Others to be spotlighted in the Frontiers symposium: postdoctoral fellows Rick Fandino of Cornell University and Ani Agnihotri of Murdoch University; soon-to-be-assistant professor Dan Peach of the University of Georgia; associate professors Mengbo Guo of the Chinese Academy of Agricultural Sciences, Zain Syed of the University of Kentucky (formerly of the Walter Leal lab, UC Davis) and Karen Menuz of the University of Connecticut; and professor Chen-Zhu Wang, of the Chinese Academy Sciences.
"I am grateful for this opportunity to present my research and network with other chemical ecologists around the world," said postdoctoral scholar Rick Fandino, a research associate at Cornell University's Department of Ecology and Evolution. "As a first-generation U.S. American Latinx these opportunities are critical to advance in highly competitive and underrepresented STEM fields."
“It's incredibly supportive of Walter to use his standing in the field to help elevate early career researchers," said selected participant Greg Pask, an assistant professor of biology, Middlebury College, Vermont. "And I'm excited to hear about the exciting research from this generation of chemical ecologists.” (For more on the invited speakers, access this short video at https://youtu.be/liy9HpKTmOo)
The ISCE-APACE joint meeting, themed “Managing Sustainability in Challenging Times,” will include 15 plenary, 15 symposia, as well as invited lectures. Among the lectures is the inaugural Wittko Francke Daaks-Chemicals Memorial Lecture, sponsored by Wittko Francke's Daaks-Chemicals Fund. ISCE promotes the understanding of interactions between organisms and their environment that are mediated by naturally occurring chemicals.

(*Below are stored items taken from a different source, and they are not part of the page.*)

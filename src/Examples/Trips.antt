-- ===== src/Examples/Trips.antt =====
-- Calls of `RecordFailure` that race, at concrete values, with fractions for floats.
use rapid_proxy.Prelude.{ℕ, zero, suc, ◌≡◌, refl, true, List, [], ◌∷◌, ◌++◌, Clock, ltb64, sub64}
use rapid_proxy.Floats.{Fraction, fractions}
use rapid_proxy.SlidingWindow.{
  increment, increment_by, cleanup, add_to, delete_before, count, count_since, count_loop,
}
use rapid_proxy.CircuitBreaker.{CircuitBreaker, state_dead, state_degraded, is_healthy}
use rapid_proxy.CircuitBreaker.Race.{telling, counting, should_trip, System, step, run, start}
use rapid_proxy.CircuitBreaker.Race.Dead.{run-dead}

-- Three successes in the window, a breaker that trips at one failure in two.
abbrev calm : CircuitBreaker Fraction
calm = record {
  state = 0;
  requests = record {
    window_size = 60000000000;
    bucket_size = 1000000000;
    buckets = (100, 3) ∷ [];
  };
  failures = record { window_size = 60000000000; bucket_size = 1000000000; buckets = [] };
  failure_threshold = record { top = 1; below = 2 };
  degraded_threshold = record { top = 1; below = 4 };
  min_requests = 2;
  recovery_timeout = 60000000000;
  window_size = 60000000000;
  last_state_change = 0;
  last_failure = 0;
  last_success = 0;
}

abbrev clock : Clock
clock k = 100500000000

-- Call `i` takes `n` steps.
abbrev steps : ℕ → ℕ → List (ℕ × Clock)
steps i zero = []
steps i (suc n) = (i, clock) ∷ steps i n

-- The first call finds the breaker healthy and decides to degrade it; then the third trips it.
abbrev until_trip : List (ℕ × Clock)
until_trip = steps 0 10 ++ steps 1 2 ++ steps 2 8

abbrev three : System Fraction
three = start calm (true ∷ true ∷ true ∷ [])

tripped : (run fractions until_trip three).breaker.state ≡ state_dead
unfolding run step increment increment_by cleanup add_to delete_before count count_since count_loop
tripped = refl

-- The swap of the first call makes the dead breaker degraded.
untripped : (run fractions (until_trip ++ (0, clock) ∷ []) three).breaker.state ≡ state_degraded
unfolding run step increment increment_by cleanup add_to delete_before count count_since count_loop
untripped = refl

abbrev dead : System Fraction
dead = record {
  breaker = record calm { state = 2; last_state_change = 100000000000 };
  calls = telling true ∷ counting should_trip ∷ [];
}

run-dead_example :
    ((run fractions (steps 0 9 ++ steps 1 9) dead).breaker.state ≡ state_dead)
    × (is_healthy 130000000000 (run fractions (steps 0 9 ++ steps 1 9) dead).breaker
        ≡ ltb64 60000000000 (sub64 130000000000 100000000000))
run-dead_example =
    run-dead fractions (steps 0 9 ++ steps 1 9) dead 130000000000 refl (refl, (tt, tt))
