-- ===== src/Selector/Slots.antt =====
-- What `Select` does to the slots of the clients.
use mathlib.Core.Option
use native.Mathlib.Decide.{ℕ_discrete}
use rapid_proxy.Prelude.{
  ℕ, ◌<◌, ◌≡◌, ap, arith, Bool, true, false, Option, some, List, Clock, ◌==◌, length, get_elem?,
}
use rapid_proxy.Client.{ProxyClient, Semaphore, release_concurrency}
use rapid_proxy.Client.Interfaces.{RateLimiter, CircuitBreaker}
use rapid_proxy.Selector.{
  RoundRobinSelector, Selection, selected, all_proxies_busy, cancelled, blocked, out_of_range,
  select,
}
use rapid_proxy.Selector.Frame.{Kept, selected_injective, select-Frame}

abbrev pub is_selected : {E : Type 0} → ℕ → Selection E → Bool
is_selected k (selected i) = i == k
is_selected k _ = false

module _ {L B E : Type 0} where
  -- The client's semaphore, after one release if `held`.
  abbrev pub sem_after : Bool → ProxyClient L B E → Option (Option Semaphore)
  sem_after true c = Option.map (λ d. d.concurrency_sem) (release_concurrency c)
  sem_after false c = some c.concurrency_sem

  Kept-sem_after :
      (found : Selection E) (k : ℕ) (c c' : ProxyClient L B E)
      → Kept found k c c'
      → sem_after (is_selected k found) c' ≡ some c.concurrency_sem
  Kept-sem_after (selected i) k c c' v = elim (ℕ_discrete i k) [
    | yes p ↦ let held = v.chosen (ap selected p) in ground arith
    | no p ↦ let same = v.others (λ e. p (selected_injective i k e)) in ground arith
  ]
  Kept-sem_after all_proxies_busy k c c' v = ground (arith, v.others (λ e. cc))
  Kept-sem_after (cancelled e) k c c' v = ground (arith, v.others (λ e. cc))
  Kept-sem_after blocked k c c' v = ground (arith, v.others (λ e. cc))
  Kept-sem_after out_of_range k c c' v = ground (arith, v.others (λ e. cc))

module _ {L B E : Type 0} (lim : RateLimiter L E) (brk : CircuitBreaker B E) where
  -- With at least one client, `Select` takes one slot of the client that it returns and none of
  -- any other: client `k`, after one release if it is the one that was returned, has the slots
  -- that it had.
  pub select-slots :
      (ctx : ℕ → Option E) (t : ℕ → Clock) (s : RoundRobinSelector) (cs : List (ProxyClient L B E))
      (k : ℕ) (c : ProxyClient L B E)
      → 0 < length cs
      → get_elem? cs k ≡ some c
      → let (s', cs', found) = select lim brk ctx t s cs in
        (c' : ProxyClient L B E) × (get_elem? cs' k ≡ some c')
        × (sem_after (is_selected k found) c' ≡ some c.concurrency_sem)
  select-slots ctx t s cs k c h g =
      let (c', g', kept) = (select-Frame lim brk ctx t s cs h).0 k c g in
      (c', g', Kept-sem_after _ k c c' kept)
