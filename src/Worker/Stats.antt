-- ===== src/Worker/Stats.antt =====
-- `GetStats` of internal/worker/pool.go.
use rapid_proxy.Prelude.{ℕ, Int64, ltb64, if◌then◌else◌, length}
use rapid_proxy.Floats.{Float64}
use rapid_proxy.Worker.{State}
use rapid_proxy.Worker.Queue.{Queue}

pub record PoolStats (F : Type 0) : Type 0 where
  pub num_workers : ℕ
  pub active_workers : ℕ
  pub queue_size : ℕ
  pub queue_capacity : ℕ
  pub total_jobs : Int64
  pub success_jobs : Int64
  pub failed_jobs : Int64
  pub success_rate : F

unfoldable pub get_stats :
    {F L B E J : Type 0} → Float64 F → ℕ → ℕ → Queue J → State L B E → PoolStats F
get_stats fl num_workers active q s = record {
  num_workers = num_workers;
  active_workers = active;
  queue_size = length q.jobs;
  queue_capacity = q.capacity;
  total_jobs = s.total_jobs;
  success_jobs = s.success_jobs;
  failed_jobs = s.failed_jobs;
  success_rate =
      if ltb64 0 s.total_jobs
      then fl.div (fl.of_int s.success_jobs) (fl.of_int s.total_jobs)
      else fl.literal 0 1;
}
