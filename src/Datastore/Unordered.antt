-- ===== src/Datastore/Unordered.antt =====
-- The store without the order of its rows, which a Go map does not have: what it offers does not
-- depend on that order, and calls for different operator sources can be made in either order.
use mathlib.Core.Bool.{Bool-set}
use mathlib.Core.Quot
use mathlib.Core.Quot.{Quot, Quot-set}
use operator_marketplace.Common.{
  String, ◌≡◌, refl, sym, ap, ◌∙◌, Bool, true, false, Option, none, some, [], ◌∷◌, ◌==◌, eq_iff,
  arith, if◌then◌else◌, contains, contains-append, Bool-cases, inl, inr, eq_refl,
}
use operator_marketplace.Common.Maps.{
  lookup, lookup-insert, lookup-delete, lookup_later, UniqueKeys,
}
use operator_marketplace.Datastore.{
  Datastore, write, add_operator_source, remove_operator_source, repositories_of, read,
  get_operator_source,
}
use operator_marketplace.Datastore.Metadata.{OperatorSourceRow, OperatorSourceKey, get_packages}
use operator_marketplace.Datastore.Rows.{
  RowMap, new_row, add_row, add_empty_row, remove_row, get_row, get_all_packages,
}
use operator_marketplace.Datastore.Invariant.{
  IsValid, Call, writes, adds, removes, call, call-IsValid,
}
use operator_marketplace.Datastore.Reading.{is_ok, read-is_ok}
use operator_marketplace.Datastore.Written.{contains-get_all_packages}

-- The row that a call sets or removes, with its UID.
abbrev pub touched : Call → Option (String × Option OperatorSourceRow)
touched (writes (some o) (some ms)) = some (o.meta.uid, some (new_row o (repositories_of o ms [])))
touched (writes _ _) = none
touched (adds o) = some (o.meta.uid, some (new_row o []))
touched (removes uid) = some (uid, none)

abbrev override :
    Option (String × Option OperatorSourceRow)
    → String
    → Option OperatorSourceRow
    → Option OperatorSourceRow
override none uid old = old
override (some (at_uid, new)) uid old = if at_uid == uid then new else old

-- A call changes the row of one UID.
lookup-call :
    (c : Call) (ds : Datastore) (uid : String)
    → lookup uid (call c ds).rows ≡ override (touched c) uid (lookup uid ds.rows)
unfolding write add_operator_source remove_operator_source add_empty_row add_row remove_row
lookup-call (writes none ms) ds uid = refl
lookup-call (writes (some o) none) ds uid = refl
lookup-call (writes (some o) (some ms)) ds uid = lookup-insert o.meta.uid uid _ ds.rows
lookup-call (adds o) ds uid = lookup-insert o.meta.uid uid _ ds.rows
lookup-call (removes at_uid) ds uid = lookup-delete at_uid uid ds.rows

-- Some UID has a row that offers the package.
abbrev Offered : String → RowMap → Type 0
Offered pkg m =
    (uid : String) × (row : OperatorSourceRow) × (lookup uid m ≡ some row)
    × (contains pkg (get_packages row) ≡ true)

Offered-get_all_packages :
    (pkg : String) (m : RowMap)
    → UniqueKeys m
    → contains pkg (get_all_packages m) ≡ true
    → Offered pkg m
unfolding get_all_packages contains lookup
Offered-get_all_packages pkg [] u h = cc
Offered-get_all_packages pkg ((uid, row) ∷ m) u h =
    elim (Bool-cases (contains pkg (get_packages row))) [
      | inl e ↦ (uid, row, rw (eq_refl uid) refl, e)
      | inr e ↦ later (
          Offered-get_all_packages pkg m u.1
            (ground (arith, contains-append pkg (get_packages row) (get_all_packages m))))
    ]
  where
    later : Offered pkg m → Offered pkg ((uid, row) ∷ m)
    later (v, r, l, o) = (v, r, lookup_later uid row m v r u.0 l, o)

-- Well-formed stores, which are one if each UID has the same row in both.
abbrev Store : Type 0
Store = (ds : Datastore) × IsValid ds

abbrev SameRows : Store → Store → Type 0
SameRows a b = (uid : String) → lookup uid a.0.rows ≡ lookup uid b.0.rows

abbrev pub Contents : Type 0
Contents = Quot SameRows

offers_more :
    (pkg : String) (a b : Store)
    → SameRows a b
    → contains pkg (get_all_packages a.0.rows) ≡ true
    → contains pkg (get_all_packages b.0.rows) ≡ true
offers_more pkg a b same h =
    let (uid, row, l, o) = Offered-get_all_packages pkg a.0.rows a.1.unique h in
    contains-get_all_packages pkg uid row b.0.rows (sym (same uid) ∙ l) o

read-SameRows :
    (pkg : String) (a b : Store) → SameRows a b → is_ok (read pkg a.0) ≡ is_ok (read pkg b.0)
read-SameRows pkg a b same =
    read-is_ok pkg a.0
    ∙ both _ _ (offers_more pkg a b same) (offers_more pkg b a (λ uid. sym (same uid)))
    ∙ sym (read-is_ok pkg b.0)
  where
    both : (p q : Bool) → (p ≡ true → q ≡ true) → (q ≡ true → p ≡ true) → p ≡ q
    both true q f g = sym (f refl)
    both false true f g = g refl
    both false false f g = refl

-- Whether Read finds the package.
pub reads : String → Contents → Bool
reads pkg = Quot.lift Bool-set (λ a. is_ok (read pkg a.0)) (read-SameRows pkg)

call-SameRows :
    (c : Call) (a b : Store)
    → SameRows a b
    → SameRows (call c a.0, call-IsValid c a.0 a.1) (call c b.0, call-IsValid c b.0 b.1)
call-SameRows c a b same uid =
    lookup-call c a.0 uid ∙ ap (override (touched c) uid) (same uid) ∙ sym (lookup-call c b.0 uid)

pub after : Call → Contents → Contents
after c =
    Quot.lift Quot-set (λ a. Quot.mk (call c a.0, call-IsValid c a.0 a.1))
      (λ a b same. Quot.sound (call-SameRows c a b same))

-- The contents of a well-formed store.
pub contents : (ds : Datastore) → IsValid ds → Contents
contents ds v = Quot.mk (ds, v)

-- The calls are for different operator sources, or change nothing.
abbrev Differ :
    Option (String × Option OperatorSourceRow) → Option (String × Option OperatorSourceRow) → Type 0
Differ none d = Unit
Differ (some c) none = Unit
Differ (some (u, new)) (some (v, other)) = (u == v) ≡ false

abbrev pub AreApart : Call → Call → Type 0
AreApart c d = Differ (touched c) (touched d)

override_comm :
    (c d : Option (String × Option OperatorSourceRow)) (uid : String)
    (old : Option OperatorSourceRow)
    → Differ c d
    → override c uid (override d uid old) ≡ override d uid (override c uid old)
override_comm none d uid old h = refl
override_comm (some c) none uid old h = refl
override_comm (some (u, new)) (some (v, other)) uid old h =
    ground (arith, eq_iff u uid, eq_iff v uid, eq_iff u v)

call-call :
    (c d : Call) (ds : Datastore) (uid : String)
    → lookup uid (call c (call d ds)).rows
      ≡ override (touched c) uid (override (touched d) uid (lookup uid ds.rows))
call-call c d ds uid =
    lookup-call c (call d ds) uid ∙ ap (override (touched c) uid) (lookup-call d ds uid)

call_comm :
    (c d : Call) (ds : Datastore) (uid : String)
    → AreApart c d
    → lookup uid (call c (call d ds)).rows ≡ lookup uid (call d (call c ds)).rows
call_comm c d ds uid h =
    call-call c d ds uid
    ∙ override_comm (touched c) (touched d) uid (lookup uid ds.rows) h
    ∙ sym (call-call d c ds uid)

after_comm :
    (c d : Call) → AreApart c d → (q : Contents) → after c (after d q) ≡ after d (after c q)
unfolding after
after_comm c d h = Quot.ind (λ q. Quot-set _ _) (λ a. Quot.sound (λ uid. call_comm c d a.0 uid h))

abbrev key_of_row : Option OperatorSourceRow → Option OperatorSourceKey
key_of_row none = none
key_of_row (some row) = some row.key

-- Two calls of Write, AddOperatorSource and RemoveOperatorSource for different operator sources, on
-- a well-formed store, give the same contents in either order: each UID has the same row, and Read
-- succeeds for the same packages.
pub calls_apart :
    (c d : Call) (ds : Datastore) (v : IsValid ds)
    → AreApart c d
    → (after c (after d (contents ds v)) ≡ after d (after c (contents ds v)))
      × ((uid : String)
          → get_operator_source uid (call c (call d ds))
            ≡ get_operator_source uid (call d (call c ds)))
      × ((pkg : String)
          → is_ok (read pkg (call c (call d ds))) ≡ is_ok (read pkg (call d (call c ds))))
unfolding after contents reads get_operator_source get_row
calls_apart c d ds v h =
    let same = after_comm c d h (contents ds v) in
    (same, λ uid. ap key_of_row (call_comm c d ds uid h), λ pkg. ap (reads pkg) same)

First In-Depth Analysis. Crowley-Gall's research on Drosophila repleta is "the first in-depth analysis of the olfactory system across the repleta group and provides the opportunity to test for conserved mechanisms in the olfactory system underlying divergence and host shift." A species of vinegar fly in the family Drosophilidae, D. repleta is a carrier of foodborne illnesses.
"Chemical cues are important for a wide range of tasks such as host plant identification and localization, oviposition site selection, and mate recognition," she explains in the abstract of the paper, co-authored by Stephanie Rollmann, John Layne, Aaron Hamrick, Lucinda Lawson, all of the Department of Biological Sciences, University of Cincinnnati. "Insects use volatile cues emitted from plants when navigating toward an appropriate host and divergence in odor detection has been shown to result in shifts in host use between populations and in some cases reproductive isolation between populations and eventual speciation. A comparative phylogenetic approach can determine whether variation in the olfactory system is linked to shifts in host plant use and is a means to determine the influence of olfactory tuning on divergence between species.
"A useful model to examine this is the Drosophila repleta species group, a radiation of flies specializing on cacti, that exhibits three types of host use: 1) Opuntia specialists, 2) columnar specialists, and 3) “generalists” on both. Opuntia, a flat leaf cactus, is hypothesized to be the ancestral host, and the use of the more chemically complex columnar cactus is believed to be an acquired trait. Columnar cacti contain elevated levels of secondary compounds that can be toxic to flies and affect the volatile headspace flies are exposed to when choosing a suitable host plant. This study examined the extent to which odor tuning has diverged along with the repeated shifts in host plants within the Drosophila repleta species group. We characterized odor response profiles from select sensillar subtypes across multiple species within the repletagroup as well as the outgroup D. melanogaster. Variation in both sensitivity and specificity to odors was observed, with some ORNs exhibiting variation associated with host cactus use. This study is the first in-depth analysis of the olfactory system across the repleta group and provides the opportunity to test for conserved mechanisms in the olfactory system underlying divergence and host shift."